Untuk meningkatkan mutu pelayanan kesehatan di rumah sakit, maka pelayanan farmasi harus ditingkatkan. Pelayanan farmasi rumah sakit adalah bagian yang tidak terpisahkan dari sistem pelayanan kesehatan rumah sakit yang berorientasi kepada pelayanan pasien, penyediaan obat yang bermutu, termasuk pelayanan farmasi klinik, yang terjangkau bagi semua lapisan masyarakat. Praktik pelayanan kefarmasian merupakan kegiatan yang terpadu dengan tujuan mengidentifikasi, mencegah dan menyelesaikan masalah obat dan masalah yang berhubungan dengan kesehatan. Kegiatan pelayanan kefarmasian di rumah sakit meliputi pengkajian resep, dispensing, pemantauan dan pelaporan efek samping

obat, pelayanan informasi obat, konseling, visite pasien dan pengkajian penggunaan obat (Depkes RI, 2004).
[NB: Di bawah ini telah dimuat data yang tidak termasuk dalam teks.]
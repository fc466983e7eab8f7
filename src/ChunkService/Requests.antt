-- ===== src/ChunkService/Requests.antt =====
-- What the text protocols of src/cluster_server/chunk_service.cpp do with a request in its usual form.
use distributed_file_grid.Prelude.{
  ℕ, zero, suc, ◌≤◌, ◌≡◌, refl, ◌∙◌, ◌≢◌, ap, Bool, subst, true, false, [], ◌∷◌, ◌++◌, some, arith,
  ◌==◌, if◌then◌else◌, length, All, All-append, All-mono,
}
use distributed_file_grid.Prelude.Key.{Bytes, bytes_key, ℤ_key}
use distributed_file_grid.Prelude.Text.{str, to_string, is_space, contains, read_word}
use distributed_file_grid.Prelude.Text.Words.{IsWord, read_word-append, read_word-blank}
use distributed_file_grid.ChunkService.{Service}
use distributed_file_grid.ChunkService.Listeners.{
  handle_emergency, read_request, unique_chunk_id, handle_public_connection, answer_public,
}
use distributed_file_grid.ChunkStorage.{ChunkStorage, Io, async_retrieve_chunk, delete_chunk}
use distributed_file_grid.ChunkStorage.Laws.{IsHeld, IsReady, retrieve-IsHeld, delete-retrieve}
use distributed_file_grid.Prelude.Text.Search.{contains-before, contains-after}
use distributed_file_grid.Prelude.Map.{find}
use mathlib.Core.List.{append-nil}
use distributed_file_grid.Metadata.{is_empty}

-- The request of the head server.
abbrev pub delete_request : Bytes → Bytes
delete_request chunk_id = str "DELETE_CHUNK " ++ (chunk_id ++ str "\n")

abbrev reply_text : Bool → Bytes
reply_text success = if success then str "SUCCESS\n" else str "ERROR\n"

emergency-delete :
    (s : Service) (io : Io) (chunk_id : Bytes)
    → IsWord chunk_id
    → contains (str "DEAD") (delete_request chunk_id) ≡ false
    → contains (str "KILL") (delete_request chunk_id) ≡ false
    → contains (str "RESTART") (delete_request chunk_id) ≡ false
    → let (storage, success) = delete_chunk s.storage io chunk_id in
      handle_emergency s io (delete_request chunk_id)
      ≡ record { service = record s { storage = storage }; sent = reply_text success }
unfolding handle_emergency
emergency-delete s io chunk_id w d k r =
    rw (d, k, r, read_word-append chunk_id (str "\n") w refl) refl

-- A request to delete a chunk with DEAD in its id is taken for the signal to terminate: the server
-- answers OK and dies, and the chunk stays.
pub emergency-dead :
    (s : Service) (io : Io) (chunk_id : Bytes)
    → contains (str "DEAD") chunk_id ≡ true
    → handle_emergency s io (delete_request chunk_id)
      ≡ record { service = record s { is_dead = true }; sent = str "OK\n" }
unfolding handle_emergency
emergency-dead s io chunk_id h =
    let found : contains (str "DEAD") (delete_request chunk_id) ≡ true =
      contains-after (str "DEAD") (str "DELETE_CHUNK ") (chunk_id ++ str "\n")
        (contains-before (str "DEAD") chunk_id (str "\n") h) in
    rw found refl

read_request-line :
    (n : ℕ) (line rest : Bytes)
    → All (λ c. (c == 10) ≡ false) line
    → length line ≤ n
    → read_request n (line ++ (10 ∷ rest)) ≡ some line
unfolding read_request
read_request-line zero [] rest h l = refl
read_request-line zero (c ∷ line) rest h l = absurd (omega arith)
read_request-line (suc n) [] rest h l = refl
read_request-line (suc n) (c ∷ line) rest h l =
    rw (h.0, read_request-line n line rest h.1 (omega arith)) refl

-- The request of a client.
abbrev pub chunk_request : Bytes → Bytes → Bytes
chunk_request chunk_id file_name = str "GET_CHUNK " ++ (chunk_id ++ (32 ∷ file_name))

word-line : (w : Bytes) → IsWord w → All (λ c. (c == 10) ≡ false) w
word-line [] h = tt
word-line (c ∷ w) h = All-mono _ _ (c ∷ w) (λ d e. ground arith) h

read_word-all : (w : Bytes) → IsWord w → read_word w ≡ some (w, [])
read_word-all w h =
    subst (λ v. read_word v ≡ some (w, [])) (append-nil w) (read_word-append w [] h refl)

public_lem :
    (s : Service) (io : Io) (chunk_id path content : Bytes)
    → IsHeld s.storage chunk_id path content
    → is_empty content ≡ false
    → IsReady io (length content)
    → answer_public s (async_retrieve_chunk s.storage io chunk_id [])
      ≡ some (record {
        service = s;
        sent = str "CHUNK_SIZE " ++ (to_string (length content) ++ (str "\n" ++ content));
      })
public_lem s io chunk_id path content held filled ready =
    rw (retrieve-IsHeld s.storage io chunk_id path content [] held ready, filled) refl

-- The request line is cut into its two words.
handle_public_connection-request :
    (s : Service) (io : Io) (chunk_id file_name : Bytes)
    → IsWord chunk_id
    → IsWord file_name
    → length (chunk_request chunk_id file_name) ≤ 255
    → handle_public_connection s io (chunk_request chunk_id file_name ++ str "\n")
      ≡ answer_public s (async_retrieve_chunk s.storage io (unique_chunk_id file_name chunk_id) [])
unfolding handle_public_connection
handle_public_connection-request s io chunk_id file_name wc wf fits =
    let req = chunk_request chunk_id file_name in
    let named : All (λ c. (c == 10) ≡ false) (32 ∷ file_name) = (refl, word-line file_name wf) in
    let words = All-append _ chunk_id (32 ∷ file_name) (word-line chunk_id wc) named in
    let line : All (λ c. (c == 10) ≡ false) req =
      All-append _ (str "GET_CHUNK ") (chunk_id ++ (32 ∷ file_name))
        (refl, (refl, (refl, (refl, (refl, (refl, (refl, (refl, (refl, (refl, tt)))))))))) words in
    rw (read_request-line 255 req [] line fits) (
      rw
        (
          read_word-append chunk_id (32 ∷ file_name) wc refl,
          read_word-blank file_name,
          read_word-all file_name wf,
        )
        refl)

-- A request for a chunk and a file whose names are words, of at most 255 bytes, is answered by the
-- size and the bytes of the chunk stored under the two, if it is not empty, its file opens and the
-- calls move all bytes.
pub public-get :
    (s : Service) (io : Io) (chunk_id file_name path content : Bytes)
    → IsWord chunk_id
    → IsWord file_name
    → length (chunk_request chunk_id file_name) ≤ 255
    → IsHeld s.storage (unique_chunk_id file_name chunk_id) path content
    → is_empty content ≡ false
    → IsReady io (length content)
    → handle_public_connection s io (chunk_request chunk_id file_name ++ str "\n")
      ≡ some (record {
        service = s;
        sent = str "CHUNK_SIZE " ++ (to_string (length content) ++ (str "\n" ++ content));
      })
public-get s io chunk_id file_name path content wc wf fits held filled ready =
    handle_public_connection-request s io chunk_id file_name wc wf fits
    ∙ public_lem s io (unique_chunk_id file_name chunk_id) path content held filled ready

word-spaces : (w : Bytes) → IsWord w → All (λ d. is_space d ≡ false) w
word-spaces [] h = tt
word-spaces (c ∷ w) h = h

unique_chunk_id-IsWord :
    (file_name chunk_id : Bytes)
    → IsWord file_name
    → IsWord chunk_id
    → IsWord (unique_chunk_id file_name chunk_id)
unique_chunk_id-IsWord [] chunk_id wf wc = absurd wf
unique_chunk_id-IsWord (c ∷ w) chunk_id wf wc =
    All-append _ (c ∷ w) (str "_chunk_" ++ chunk_id) wf (
      All-append _ (str "_chunk_") chunk_id
        (refl, (refl, (refl, (refl, (refl, (refl, (refl, tt))))))) (word-spaces chunk_id wc))

-- A chunk that the storage holds, under the name made of a file and a chunk id that are words, with
-- none of DEAD, KILL and RESTART in the request to delete it: if removing the file raises no
-- exception, the request is answered by SUCCESS, and a request for the chunk, of at most 255 bytes,
-- after it by an error, a second deletion too; another chunk stays in the registry as it was.
pub public-delete :
    (s : Service) (io io' : Io) (chunk_id file_name path content other : Bytes)
    → IsWord chunk_id
    → IsWord file_name
    → length (chunk_request chunk_id file_name) ≤ 255
    → contains (str "DEAD") (delete_request (unique_chunk_id file_name chunk_id)) ≡ false
    → contains (str "KILL") (delete_request (unique_chunk_id file_name chunk_id)) ≡ false
    → contains (str "RESTART") (delete_request (unique_chunk_id file_name chunk_id)) ≡ false
    → IsHeld s.storage (unique_chunk_id file_name chunk_id) path content
    → io.removes ≡ true
    → other ≢ unique_chunk_id file_name chunk_id
    → let request = delete_request (unique_chunk_id file_name chunk_id) in
      let after = handle_emergency s io request in
      let read = chunk_request chunk_id file_name ++ str "\n" in
      (after.sent ≡ str "SUCCESS\n")
      × (handle_public_connection after.service io' read
          ≡ some (record { service = after.service; sent = str "ERROR: Chunk not found\n" }))
      × (handle_emergency after.service io request
          ≡ record { service = after.service; sent = str "ERROR\n" })
      × (find other after.service.storage.chunk_registry ≡ find other s.storage.chunk_registry)
public-delete s io io' chunk_id file_name path content other wc wf fits d k r held removes ne =
    let unique = unique_chunk_id file_name chunk_id in
    let word = unique_chunk_id-IsWord file_name chunk_id wf wc in
    let facts = delete-retrieve s.storage io io' unique path content held removes in
    let t = record s { storage = (delete_chunk s.storage io unique).0 } in
    rw (emergency-delete s io unique word d k r) (
      ap reply_text facts.0,
      handle_public_connection-request t io' chunk_id file_name wc wf fits
          ∙ ap (answer_public t) facts.2,
      emergency-delete t io unique word d k r
          ∙ ap
              (λ (p : ChunkStorage × Bool). record {
                service = record t { storage = p.0 };
                sent = reply_text p.1;
              })
              facts.3,
      facts.4 other ne,
    )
Visite pasien merupakan kegiatan kunjungan ke pasien rawat inap yang

dilakukan secara mandiri oleh apoteker maupun bersama tim dokter dan tenaga kesehatan lainnya. Tujuannya adalah untuk pemilihan obat, menerapkan secara langsung pengetahuan farmakologi terapetik, menilai kemajuan pasien dan bekerja sama dengan tenaga kesehatan lain. Pengkajian penggunaan obat merupakan program evaluasi penggunaan obat yang terstruktur dan berkesinambungan untuk menjamin obat-obat yang digunakan sesuai indikasi, efektif, aman, dan terjangkau oleh pasien (Depkes RI, 2004).
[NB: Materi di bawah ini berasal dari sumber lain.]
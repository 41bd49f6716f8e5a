-- ===== src/Http/Parser/Body.antt =====
-- A body delimited by Content-Length, however the input is cut.
use mathlib.Core.List.{append_assoc, append-nil}
use remotedev.Base.{
  flatten, ℕ, ◌-◌, ◌<◌, ◌≡◌, refl, sym, ap, ◌∙◌, inl, inr, Bool, true, false, none, List, [], ◌∷◌,
  ◌++◌, Bytes, length, length-append, take, take-all, take-append_short, take-append_long, leb,
  if◌then◌else◌, Bool-cases, arith,
}
use remotedev.Http.Parser.{
  Parser, ParseState, body, complete, Derived, clamp, do_complete, deliver, parse_body,
}

-- A derived class that takes everything, and whose state has the octets that it was given.
pub record IsRecording {D : Type 0} (impl : Derived D) (log : D → Bytes) : Type 0 where
  pub data_taken : (b : Bytes) (d : D) → (impl.on_data b d).1 ≡ none
  pub data_logged : (b : Bytes) (d : D) → log (impl.on_data b d).0 ≡ log d ++ b
  pub complete_taken : (d : D) → (impl.on_complete d).1 ≡ none
  pub complete_logged : (d : D) → log (impl.on_complete d).0 ≡ log d

take-clamp : (n : ℕ) (xs : Bytes) → take (clamp n (length xs)) xs ≡ take n xs
unfolding clamp
take-clamp n xs = elim (Bool-cases (leb (length xs) n)) [
  | inl t ↦ rw t (take-all (length xs) xs (omega arith) ∙ sym (take-all n xs (ground arith)))
  | inr t ↦ rw t
]

abbrev expects_body : ParseState → Bool
expects_body body = true
expects_body _ = false

module _ {D : Type 0} (impl : Derived D) where
  -- Inputs given to `parse_body` one after the other, as long as a body is expected.
  pub feed_body : List Bytes → Parser → D → Parser × D
  feed_body [] p d = (p, d)
  feed_body (i ∷ is) p d =
      let s = parse_body impl i p d in
      let rest = feed_body is s.parser s.derived_state in
      if expects_body p.state then rest else (p, d)

  module _ (log : D → Bytes) (v : IsRecording impl log) where
    -- One call takes what it can.
    parse_body_step :
        (i : Bytes) (p : Parser) (d : D)
        → p.state ≡ body
        → let s = parse_body impl i p d in
          (s.ec ≡ none)
          × (s.used ≡ (if leb p.len (length i) then p.len else length i))
          × (s.parser.state ≡ (if leb p.len (length i) then complete else body))
          × (s.parser.len ≡ p.len - length i)
          × (log s.derived_state ≡ log d ++ take p.len i)
    unfolding parse_body deliver clamp do_complete
    parse_body_step i p d e =
        let view = take (clamp p.len (length i)) i in
        let d1 = (impl.on_data view d).0 in
        ground (
          arith,
          take-clamp p.len i,
          v.data_taken view d,
          v.data_logged view d,
          v.complete_taken d1,
          v.complete_logged d1,
        )

    feed_body_done :
        (is : List Bytes) (p : Parser) (d : D) → p.state ≡ complete → feed_body is p d ≡ (p, d)
    unfolding feed_body
    feed_body_done [] p d e = refl
    feed_body_done (i ∷ is) p d e = let b : expects_body p.state ≡ false = ap expects_body e in rw b

    feed_body_more :
        (i : Bytes) (is : List Bytes) (p : Parser) (d : D)
        → p.state ≡ body
        → feed_body (i ∷ is) p d
          ≡ feed_body is (parse_body impl i p d).parser (parse_body impl i p d).derived_state
    unfolding feed_body
    feed_body_more i is p d e = let b : expects_body p.state ≡ true = ap expects_body e in rw b

    -- While a body of `len` octets, not none, is expected: however the inputs are cut, a derived class
    -- that takes everything is given their first `len` octets, in order and no others, `len` counts
    -- what is missing, and the message is complete exactly when nothing is.
    pub feed_body_lem :
        (is : List Bytes) (p : Parser) (d : D)
        → p.state ≡ body
        → 0 < p.len
        → let total = flatten is in
          let r = feed_body is p d in
          (r.0.state ≡ (if leb p.len (length total) then complete else body))
          × (r.0.len ≡ p.len - length total)
          × (log r.1 ≡ log d ++ take p.len total)
    feed_body_lem [] p d e h =
        unfold feed_body in
        ground (arith, take-all {A = ℕ} p.len [] (omega arith), append-nil (log d))
    feed_body_lem (i ∷ is) p d e h =
        let s = parse_body impl i p d in
        let q = parse_body_step i p d e in
        rw (feed_body_more i is p d e) (elim (Bool-cases (leb p.len (length i))) [
          | inl t ↦
              rw (feed_body_done is s.parser s.derived_state (rw t at q.2)) (
                ground
                  (arith, length-append i (flatten is), take-append_short p.len i (flatten is)))
          | inr t ↦
              let k = p.len - length i in
              let ih = feed_body_lem is s.parser s.derived_state (rw t at q.2) (ground arith) in
              ground (
                arith,
                ih,
                length-append i (flatten is),
                take-all p.len i,
                take-append_long p.len k i (flatten is),
                append_assoc (log d) i (take k (flatten is)),
              )
        ])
Dalam rangka menerapkan pelayanan kefarmasian di rumah sakit, maka mahasiswa calon apoteker perlu diberi perbekalan dan pengalaman dalam bentuk Praktek Kerja Profesi (PKP) di rumah sakit. PKP di rumah sakit merupakan salah satu praktek pelayanan kefarmasian yang bertujuan untuk mengidentifikasi, mencegah dan menyelesaikan masalah terkait obat dan masalah yang berhubungan dengan kesehatan pasien. Adapun pelayanan kefarmasian yang difokuskan untuk dilaksanakan adalah visite pasien dan pengkajian penggunaan obat secara rasional (PPOSR). Adanya masalah penggunaaan obat yang tidak rasional menunjukkan bahwa peranan apoteker sangat besar dalam membantu keberhasilan terapi pasien.
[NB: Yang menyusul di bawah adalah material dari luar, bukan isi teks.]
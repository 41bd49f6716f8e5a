-- ===== src/Http/Parser/Flatten.antt =====
-- What `maybe_flatten` gives the parser to read.
use mathlib.Core.List.{append-nil}
use remotedev.Base.{
  flatten, ℕ, ◌≤◌, ◌<◌, ◌≡◌, false, List, ◌∷◌, ◌++◌, Bytes, length, length-append, length-drop,
  length-replicate, drop, drop-all, replicate, ltb, Bool-cases, inl, inr, arith,
}
use remotedev.Http.Parser.{Parser, maybe_flatten}

-- The buffer has its recorded size.
abbrev BufferIsSized : Parser → Type 0
BufferIsSized p = length p.buf ≡ p.buf_len

-- Two buffers or more that are together at least as long as the parser's own buffer, which has its
-- recorded size, are read as their concatenation.
maybe_flatten-flatten :
    (b c : Bytes) (bs : List Bytes) (p : Parser)
    → BufferIsSized p
    → p.buf_len ≤ length (flatten (b ∷ c ∷ bs))
    → (maybe_flatten (b ∷ c ∷ bs) p).0 ≡ flatten (b ∷ c ∷ bs)
unfolding maybe_flatten
maybe_flatten-flatten b c bs p s h =
    let all = flatten (b ∷ c ∷ bs) in
    elim (Bool-cases (ltb p.buf_len (length all))) [
      | inl t ↦ rw t (
          simp (
            drop-all {A = ℕ} (length all) (replicate (length all) 0)
                (omega (arith, length-replicate {A = ℕ} (length all) 0)),
            append-nil,
          ))
      | inr t ↦ rw t (simp (drop-all (length all) p.buf (ground arith), append-nil))
    ]

-- Two buffers or more that are together shorter than the parser's own buffer, which has its recorded
-- size, are read with what an earlier call left behind their octets, up to the size of the buffer.
maybe_flatten_stale :
    (b c : Bytes) (bs : List Bytes) (p : Parser)
    → BufferIsSized p
    → length (flatten (b ∷ c ∷ bs)) < p.buf_len
    → ((maybe_flatten (b ∷ c ∷ bs) p).0
        ≡ flatten (b ∷ c ∷ bs) ++ drop (length (flatten (b ∷ c ∷ bs))) p.buf)
      × (length (maybe_flatten (b ∷ c ∷ bs) p).0 ≡ p.buf_len)
unfolding maybe_flatten
maybe_flatten_stale b c bs p s h =
    let all = flatten (b ∷ c ∷ bs) in
    let t : ltb p.buf_len (length all) ≡ false = ground arith in
    (
      rw t,
      rw t (
          omega
            (arith, length-append all (drop (length all) p.buf), length-drop (length all) p.buf)),
    )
Studi kasus yang akan dikaji adalah pasien dengan diagnosa Diabetes Melitus + CKD (Chronic Kidney Disease) stage V ec. DN (Diabetic

Nephropathy). Disini penulis akan mengkaji penggunaan obat yang diberikan kepada pasien dan memberikan edukasi kepada pasien dan keluarganya dalam

rangka untuk meningkatkan kepatuhan pasien selama menjalani pengobatan demi tercapainya tujuan pengobatan untuk memaksimalkan pengobatan pasien.

1.2 Tujuan

Tujuan dilakukan studi kasus ini adalah:

a. Memberikan pemahaman untuk meningkatkan kepatuhan pasien dalam mematuhi terapi yang telah ditetapkan dokter.

BAB II

TINJAUAN PUSTAKA 2.1 Diabetes Melitus

2.1.1 Definisi

Diabetes melitus (DM) didefinisikan sebagai suatu penyakit atau gangguan metabolisme kronis dengan multi etiologi yang ditandai dengan tingginya kadar gula darah disertai dengan gangguan metabolisme karbohidrat, lipid dan protein sebagai akibat insufisiensi fungsi insulin. Insufisiensi fungsi insulin dapat disebabkan oleh gangguan atau defisiensi produksi insulin oleh sel-sel β langerhans kelenjar pankreas, atau disebabkan oleh kurang responsifnya sel-sel tubuh terhadap insulin (Depkes, 2005).

2.1.2 Patofisiologi

a. DM tipe 1 (IDDM) terjadi pada 10% dari semua kasus diabetes. Secara umum DM tipe ini berkembang pada anak-anak atau pada awal masa dewasa yang disebabkan oleh sel β pankreas akibat autoimun, sehingga terjadi defisiensi insulin absolut. Hiperglikemia terjadi bila 80%-90% dari sel β rusak. Penyakit DM bisa menjadi penyakit menahun dengan resiko komplikasi dan kematian. Faktor-faktor yang menyebabkan terjadinya autoimun tidak diketahui.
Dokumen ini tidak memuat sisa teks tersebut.